Despite the severity of the K-Pg extinction event, there were significant variations in the rate of extinction between and within different clades. Species that depended on photosynthesis declined or became extinct as atmospheric particles blocked solar energy. As is the case today, photosynthesizing organisms, such as phytoplankton and land plants, formed the primary part of the food chain in the late Cretaceous, and all else that depended on them suffered, as well. Herbivorous animals, which depended on plants and plankton as their food, died out as their food sources became scarce; consequently, the top predators, such as Tyrannosaurus rex, also perished. Yet only three major groups of tetrapods disappeared completely; the non-avian dinosaurs, the plesiosaurs and the pterosaurs. The other Cretaceous groups that did not survive into the Cenozoic the ichthyosaurs, last remaining temnospondyls, and nonmammalian were already extinct millions of years before the event occurred.

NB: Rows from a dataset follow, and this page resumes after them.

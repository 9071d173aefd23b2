-- ===== src/Wire/IsoRoundTrip.antt =====
-- What the exporter reads with usbip_read_cmd is what the importer wrote,
-- isochronous transfers (src/usbip.c).
use usbip_c.Base.{ℕ, suc, ◌*◌, ◌^◌, ◌<◌, ◌≡◌, refl, ap, ap₂, sym, ◌∙◌, List, [], ◌∷◌, ◌++◌}
use usbip_c.Base.{none, some, true, length, arith, take, drop, All}
use usbip_c.Base.{append_assoc, map, lt→ltb, ◌==◌, if◌then◌else◌}
use usbip_c.Wire.Header.{put_basic_hdr, IsoPkt, iso_desc_pack, iso_desc_parse, iso_descs_pack}
use usbip_c.Wire.Header.{usb_out, usb_in, usb_iso}
use usbip_c.Wire.Stream.{ok, readn-append, ◌>>=◌}
use usbip_c.Wire.Command
use usbip_c.Wire.Command.{Urb}
use usbip_c.Wire.HeaderLaws.{IsU32, submit_hdr, submitted, read_submitted}
use usbip_c.Wire.HeaderLaws.{read_payload-append, read_payload-skip, iso_desc_parse-pack}

-- the four fields of a descriptor are 32-bit
abbrev pub IsIsoPkt : IsoPkt → Type 0
IsIsoPkt p = IsU32 p.offset × IsU32 p.length × IsU32 p.actual_length × IsU32 p.status

parse_descs-pack :
    (ps : List IsoPkt) → All IsIsoPkt ps → Command.parse_descs (length ps) (iso_descs_pack ps) ≡ ps
unfolding Command.parse_descs iso_descs_pack
parse_descs-pack [] h = refl
parse_descs-pack (p ∷ ps) h =
    ap₂ ◌∷◌ (front p (iso_descs_pack ps) h.0) (
      ap (Command.parse_descs (length ps)) (behind p (iso_descs_pack ps)) ∙ parse_descs-pack ps h.1)
  where
    cut : (p : IsoPkt) (rest : List ℕ) → take 16 (iso_desc_pack p ++ rest) ≡ iso_desc_pack p
    cut p rest = unfold iso_desc_pack in refl

    front :
        (p : IsoPkt) (rest : List ℕ)
        → IsIsoPkt p
        → iso_desc_parse (take 16 (iso_desc_pack p ++ rest)) ≡ p
    front p rest (a, b, c, d) = ap iso_desc_parse (cut p rest) ∙ iso_desc_parse-pack p a b c d

    behind : (p : IsoPkt) (rest : List ℕ) → drop 16 (iso_desc_pack p ++ rest) ≡ rest
    behind p rest = unfold iso_desc_pack in refl

length-iso_descs_pack : (ps : List IsoPkt) → length (iso_descs_pack ps) ≡ length ps * 16
unfolding iso_descs_pack iso_desc_pack
length-iso_descs_pack [] = refl
length-iso_descs_pack (p ∷ ps) = omega (arith, length-iso_descs_pack ps)

-- The endpoint is isochronous: descriptors follow.
is_iso-yes :
    (eps : Command.EpMap) (u : Urb)
    → u.ep < 16
    → u.direction < 2
    → eps u.ep u.direction ≡ some usb_iso
    → Command.is_iso eps u ≡ ok true
unfolding Command.is_iso
is_iso-yes eps u he hd look = rw (lt→ltb u.ep 16 he, lt→ltb u.direction 2 hd, look)

-- Reading the descriptors of an isochronous transfer that has some.
read_iso-append :
    (eps : Command.EpMap) (u : Urb) (ps : List IsoPkt) (rest : List ℕ)
    → u.ep < 16
    → u.direction < 2
    → eps u.ep u.direction ≡ some usb_iso
    → u.number_of_packets ≡ length ps
    → 0 < length ps
    → length ps < 2 ^ 31
    → All IsIsoPkt ps
    → Command.read_iso eps u (iso_descs_pack ps ++ rest) ≡ ok (record u { iso = ps }, rest)
unfolding Command.read_iso Command.read_descs
read_iso-append eps u ps rest he hd look n pos small w =
    rw (is_iso-yes eps u he hd look, Command.read_iso)
      (rw (n, lt→ltb 0 (length ps) pos, lt→ltb (length ps) (2 ^ 31) small)
        (rw
          (readn-append (length ps * 16) (iso_descs_pack ps) rest (length-iso_descs_pack ps), ◌>>=◌)
          (rw (parse_descs-pack ps w))))

client_submit_iso_lem :
    (seq devid dir ep interval : ℕ) (buf : List ℕ) (pkts : List IsoPkt)
    → Command.client_submit_iso seq devid dir ep interval buf pkts
      ≡ submit_hdr seq devid dir ep interval (length pkts) (Command.total_length pkts) none
        ++ ((if dir == usb_out then Command.gather_out pkts buf else [])
            ++ iso_descs_pack (map Command.as_request pkts))
unfolding Command.client_submit_iso put_basic_hdr Command.put_setup
client_submit_iso_lem seq devid dir ep interval buf pkts = refl

as_request-IsIsoPkt :
    (ps : List IsoPkt) → All IsIsoPkt ps → All IsIsoPkt (map Command.as_request ps)
as_request-IsIsoPkt [] h = h
as_request-IsIsoPkt (p ∷ ps) (h, hs) =
    ((h.0, h.1, omega arith, omega arith), as_request-IsIsoPkt ps hs)

length-as_request : (ps : List IsoPkt) → length (map Command.as_request ps) ≡ length ps
length-as_request [] = refl
length-as_request (p ∷ ps) = ap suc (length-as_request ps)

module _ (eps : Command.EpMap) (urb0 : Urb) (seq devid ep interval : ℕ) (pkts : List IsoPkt)
    (buf rest : List ℕ) (hs : IsU32 seq) (hv : IsU32 devid) (he : ep < 16) (hi : IsU32 interval)
    (pos : 0 < length pkts) (small : length pkts < 2 ^ 31) (w : All IsIsoPkt pkts)
    (total : Command.total_length pkts < 2 ^ 31) where
  abbrev iso_urb : ℕ → Urb
  iso_urb dir =
      submitted urb0 seq devid dir ep interval (length pkts) (Command.total_length pkts) none

  iso_head :
      (dir : ℕ) (tail : List ℕ)
      → dir < 2
      → Command.read_cmd eps urb0 (
          submit_hdr seq devid dir ep interval (length pkts) (Command.total_length pkts) none
          ++ tail)
        ≡ (Command.read_payload (iso_urb dir) >>= Command.read_iso eps) tail
  iso_head dir tail hd =
      read_submitted urb0 seq devid dir ep interval (length pkts) (Command.total_length pkts) hs hv
        (omega arith) (omega arith) hi (omega arith) (omega arith) eps none tail refl

  iso_tail :
      (u : Urb)
      → u.ep ≡ ep
      → u.direction < 2
      → eps u.ep u.direction ≡ some usb_iso
      → u.number_of_packets ≡ length pkts
      → Command.read_iso eps u (iso_descs_pack (map Command.as_request pkts) ++ rest)
        ≡ ok (record u { iso = map Command.as_request pkts }, rest)
  iso_tail u e d look n =
      read_iso-append eps u (map Command.as_request pkts) rest (omega arith) d look
        (n ∙ sym (length-as_request pkts)) (omega (arith, length-as_request pkts))
        (omega (arith, length-as_request pkts)) (as_request-IsIsoPkt pkts w)

  -- An isochronous IN submission comes through: the exporter reads the fields and the packet
  -- descriptors of usbip_client_submit_iso, actual length and status cleared, and nothing more.
  pub submit_iso_in :
      eps ep usb_in ≡ some usb_iso
      → Command.read_cmd eps urb0
          (Command.client_submit_iso seq devid usb_in ep interval buf pkts ++ rest)
        ≡ ok (record (iso_urb usb_in) { iso = map Command.as_request pkts }, rest)
  submit_iso_in look =
      rw (client_submit_iso_lem, append_assoc)
        (iso_head usb_in (iso_descs_pack (map Command.as_request pkts) ++ rest) (omega arith)
          ∙ rw
              (
                read_payload-skip (iso_urb usb_in)
                    (iso_descs_pack (map Command.as_request pkts) ++ rest) refl,
                ◌>>=◌,
              )
              (iso_tail (iso_urb usb_in) refl (omega arith) look refl))

  -- An isochronous OUT submission comes through: the payload gathered from the packets' slots,
  -- then the descriptors.
  pub submit_iso_out :
      eps ep usb_out ≡ some usb_iso
      → 0 < Command.total_length pkts
      → length (Command.gather_out pkts buf) ≡ Command.total_length pkts
      → Command.read_cmd eps urb0
          (Command.client_submit_iso seq devid usb_out ep interval buf pkts ++ rest)
        ≡ ok (
          record (iso_urb usb_out) {
            iso = map Command.as_request pkts;
            data_bytes = some (Command.gather_out pkts buf);
            data_len = Command.total_length pkts;
          },
          rest,
        )
  submit_iso_out look more slots =
      rw (client_submit_iso_lem, append_assoc, append_assoc)
        (iso_head usb_out
            (Command.gather_out pkts buf ++ (iso_descs_pack (map Command.as_request pkts) ++ rest))
            (omega arith)
          ∙ rw
              (
                read_payload-append (iso_urb usb_out) (Command.gather_out pkts buf)
                    (iso_descs_pack (map Command.as_request pkts) ++ rest) refl slots more total,
                ◌>>=◌,
              )
              (iso_tail
                (record (iso_urb usb_out) {
                  data_bytes = some (Command.gather_out pkts buf);
                  data_len = Command.total_length pkts;
                })
                refl (omega arith) look refl))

Coccolithophorids and molluscs, including ammonites, rudists, freshwater snails, and mussels, as well as organisms whose food chain included these shell builders, became extinct or suffered heavy losses. For example, ammonites are thought to have been the principal food of mosasaurs, a group of giant marine lizards related to snakes that became extinct at the boundary.
Omnivores, insectivores, and carrion-eaters survived the extinction event, perhaps because of the increased availability of their food sources. At the end of the Cretaceous, there seem to have been no purely herbivorous or carnivorous mammals. Mammals and birds that survived the extinction fed on insects, larvae, worms, and snails, which in turn fed on dead plant and animal matter. Scientists theorise that these organisms survived the collapse of plant-based food chains because they fed on detritus.
In stream communities, few groups of animals became extinct. Stream communities rely less on food from living plants and more on detritus that washes in from land. This particular ecological niche buffered them from extinction. Similar, but more complex patterns have been found in the oceans. Extinction was more severe among animals living in the water column than among animals living on or in the seafloor. Animals in the water column are almost entirely dependent on primary production from living phytoplankton, while animals living on or in the ocean floor feed on detritus or can switch to detritus feeding.
The largest air-breathing survivors of the event, crocodilians and champsosaurs, were semiaquatic and had access to detritus. Modern crocodilians can live as scavengers and can survive for months without food and go into hibernation when conditions are unfavorable, and their young are small, grow slowly, and feed largely on invertebrates and dead organisms or fragments of organisms for their first few years. These characteristics have been linked to crocodilian survival at the end of the Cretaceous.